• **Instructions for the task**
In the entries below, spot each line with the word "SafeAt" and copy it.

• **The data**
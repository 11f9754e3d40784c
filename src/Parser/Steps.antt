-- ===== src/Parser/Steps.antt =====
-- Actions that move past a token whenever they leave the parser without an error, and tests that
-- follow a token's being read.
use lua2wasm.Prelude.{
  ℕ, suc, ◌+◌, ◌-◌, ◌≤◌, ◌<◌, length, List, Bool, true, false, leb, if◌then◌else◌, some, ◌≡◌, arith,
  Bool-cases, inl, inr,
}
use lua2wasm.Lexer.Token.{TokKind}
use lua2wasm.Lexer.Scan.{Token}
use lua2wasm.Parser.Kinds.{same_kind}
use lua2wasm.Parser.Markers.{NotEof, same-NotEof}
use lua2wasm.Parser.Scope.{get_elem?}
use lua2wasm.Parser.State.{
  Parser, Action, Out, done, overrun, fault, stuck, Complaint, is_ok, pure, branch, check_ok,
  set_error_at, set_error, fail_with, peek, peek_at, advance, continue, ◌>>=◌,
}
use lua2wasm.Parser.Fits.{Fits, Wide, Follows, Follows-refl, Follows-trans, recorded}
use lua2wasm.Parser.Safe.{behind, behind-Follows, Ended, Moves, Safe, SafeAt, get_elem?-below}

-- The action ended behind `n`, if no error is recorded.
abbrev pub Passes : {F A : Type 0} → List (Token F) → Parser F → Out F A → Type 0
Passes toks p (done a q) =
    (p.pos ≤ q.pos) × (q.pos < length toks) × Follows p q × (is_ok q ≡ true → p.pos < q.pos)
Passes toks p (overrun q) = Fits p → Wide q
Passes toks p fault = ⊥
Passes toks p stuck = ⊥

pub record Steps {F A : Type 0} (toks : List (Token F)) (lo : ℕ) (m : Action F A) : Type 0 where
  pub at : (p : Parser F) → lo ≤ p.pos → p.pos < length toks → Passes toks p (m p)

pub record StepsAt {F A : Type 0} (toks : List (Token F)) (t : Token F) (lo : ℕ) (m : Action F A)
    : Type 0 where
  pub at :
      (p : Parser F)
      → lo ≤ p.pos
      → p.pos < length toks
      → get_elem? toks p.pos ≡ some t
      → Passes toks p (m p)

Passes-Moves :
    {F A : Type 0} (toks : List (Token F)) (p : Parser F) (r : Out F A)
    → Passes toks p r
    → Moves toks p r
Passes-Moves toks p (done a q) (l, k, s, h) = (l, k, s)
Passes-Moves toks p (overrun q) h = h
Passes-Moves toks p fault h = h
Passes-Moves toks p stuck h = h

Moves-Passes :
    {F A : Type 0} (toks : List (Token F)) (p q : Parser F) (r : Out F A)
    → p.pos < q.pos
    → Follows p q
    → Moves toks q r
    → Passes toks p r
Moves-Passes toks p q (done a r) h s (l, k, t) =
    (omega arith, k, Follows-trans p q r s t, λ e. omega arith)
Moves-Passes toks p q (overrun r) h s k = λ fits. k (s.fits fits)
Moves-Passes toks p q fault h s k = k
Moves-Passes toks p q stuck h s k = k

module _ {F : Type 0} {toks : List (Token F)} {lo : ℕ} where
  pub Steps-Safe : {A : Type 0} (m : Action F A) → Steps toks lo m → Safe toks lo m
  Steps-Safe m s = record { at = λ p h k. Passes-Moves toks p (m p) (s.at p h k) }

  pub StepsAt-weaken :
      {A : Type 0} (t : Token F) (m : Action F A) → Steps toks lo m → StepsAt toks t lo m
  StepsAt-weaken t m s = record { at = λ p h k e. s.at p h k }

  pub StepsAt-SafeAt :
      {A : Type 0} (t : Token F) (m : Action F A) → StepsAt toks t lo m → SafeAt toks t lo m
  StepsAt-SafeAt t m s = record { at = λ p h k e. Passes-Moves toks p (m p) (s.at p h k e) }

  pub Steps-peek_bind :
      {A : Type 0} (f : Token F → Action F A)
      → ((t : Token F) → StepsAt toks t lo (f t))
      → Steps toks lo (peek toks >>= f)
  unfolding ◌>>=◌ peek
  Steps-peek_bind f sf = record {
    at = λ p h k. let (t, e) = get_elem?-below toks p.pos k in rw e ((sf t).at p h k e);
  }

  -- A second look at the same token.
  pub StepsAt-peek_bind :
      {A : Type 0} (t : Token F) (f : Token F → Action F A)
      → StepsAt toks t lo (f t)
      → StepsAt toks t lo (peek toks >>= f)
  unfolding ◌>>=◌ peek
  StepsAt-peek_bind t f s = record { at = λ p h k e. rw e (s.at p h k e) }

  pub StepsAt-branch :
      {A : Type 0} (t : Token F) (b : Bool) (m n : Action F A)
      → StepsAt toks t lo m
      → StepsAt toks t lo n
      → StepsAt toks t lo (branch b m n)
  unfolding branch
  StepsAt-branch t true m n sm sn = record { at = λ p h k. sm.at p h k }
  StepsAt-branch t false m n sm sn = record { at = λ p h k. sn.at p h k }

  pub StepsAt-if_kind :
      {A : Type 0} (t : Token F) (k : TokKind) (m n : Action F A)
      → NotEof k
      → (NotEof t.kind → StepsAt toks t lo m)
      → StepsAt toks t lo n
      → StepsAt toks t lo (branch (same_kind t.kind k) m n)
  unfolding branch
  StepsAt-if_kind t k m n ne sm sn = elim (Bool-cases (same_kind t.kind k)) [
    | inl e ↦
        let s = sm (same-NotEof t.kind k e ne) in record { at = λ p h l g. rw e (s.at p h l g) }
    | inr e ↦ record { at = λ p h l g. rw e (sn.at p h l g) }
  ]

  check_out :
      {A B : Type 0} (a : B) (f : A → Action F B) (p : Parser F) (r : Out F A)
      → lo ≤ p.pos
      → Passes toks p r
      → ((a : A) → Safe toks (suc lo) (f a))
      → Passes toks p (continue r (λ x. check_ok a (f x)))
  unfolding check_ok
  check_out a f p (done x q) h (l, k, s, ok) safe = elim (Bool-cases (is_ok q)) [
    | inl e ↦
        let more = ok e in
        rw (e, Passes) (Moves-Passes toks p q (f x q) more s ((safe x).at q (omega arith) k))
    | inr e ↦ rw (e, Passes) (l, k, s, λ e'. absurd (ground arith))
  ]
  check_out a f p (overrun q) h k safe = k
  check_out a f p fault h k safe = k
  check_out a f p stuck h k safe = k

  -- What is done after a test for an error is done behind the token.
  pub Steps-check :
      {A B : Type 0} (m : Action F A) (a : B) (f : A → Action F B)
      → Steps toks lo m
      → ((a : A) → Safe toks (suc lo) (f a))
      → Steps toks lo (m >>= λ x. check_ok a (f x))
  unfolding ◌>>=◌
  Steps-check m a f sm sf = record { at = λ p h k. check_out a f p (m p) h (sm.at p h k) sf }

  pub StepsAt-fail_with :
      {A : Type 0} (t : Token F) (a : A) (why : Complaint)
      → StepsAt toks t lo (fail_with toks a why)
  unfolding fail_with set_error set_error_at peek pure ◌>>=◌
  StepsAt-fail_with t a why = record {
    at = λ p h k e. rw e elim (Bool-cases (is_ok p)) [
      | inl o ↦
          rw (o, Passes)
            (
              omega arith,
              k,
              record { fits = λ f. f; keeps = λ err g. absurd (recorded p err g o) },
              λ e'. absurd (ground arith),
            )
      | inr o ↦ rw (o, Passes) (omega arith, k, Follows-refl p, λ e'. absurd (ground arith))
    ];
  }

  module _ (ended : Ended toks) where
    pub StepsAt-advance :
        {A : Type 0} (t : Token F) (f : Token F → Action F A)
        → NotEof t.kind
        → ((t : Token F) → Safe toks (suc lo) (f t))
        → StepsAt toks t lo (advance toks >>= f)
    unfolding ◌>>=◌ advance
    StepsAt-advance t f ne sf = record {
      at = λ p h k e.
          let more = ended.last_is_eof p.pos t e ne.differs in
          rw e (
            Moves-Passes toks p (behind p) (f t (behind p)) (omega arith) (behind-Follows p)
              ((sf t).at (behind p) (omega arith) more));
    }

    pub StepsAt-peek_at_bind :
        {A : Type 0} (t : Token F) (off : ℕ) (f : Token F → Action F A)
        → ((u : Token F) → StepsAt toks t lo (f u))
        → StepsAt toks t lo (peek_at toks off >>= f)
    unfolding ◌>>=◌ peek_at
    StepsAt-peek_at_bind t off f sf = record {
      at = λ p h k g.
          let positive = ended.nonempty in
          let i = if leb (length toks) (p.pos + off) then length toks - 1 else p.pos + off in
          let (u, e) = get_elem?-below toks i (ground arith) in rw e ((sf u).at p h k g);
    }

• **Answer below**
use lua2wasm.Parser.Safe.{behind, behind-Follows, Ended, Moves, Safe, SafeAt, get_elem?-below}
  pub StepsAt-SafeAt :
      {A : Type 0} (t : Token F) (m : Action F A) → StepsAt toks t lo m → SafeAt toks t lo m
  StepsAt-SafeAt t m s = record { at = λ p h k e. Passes-Moves toks p (m p) (s.at p h k e) }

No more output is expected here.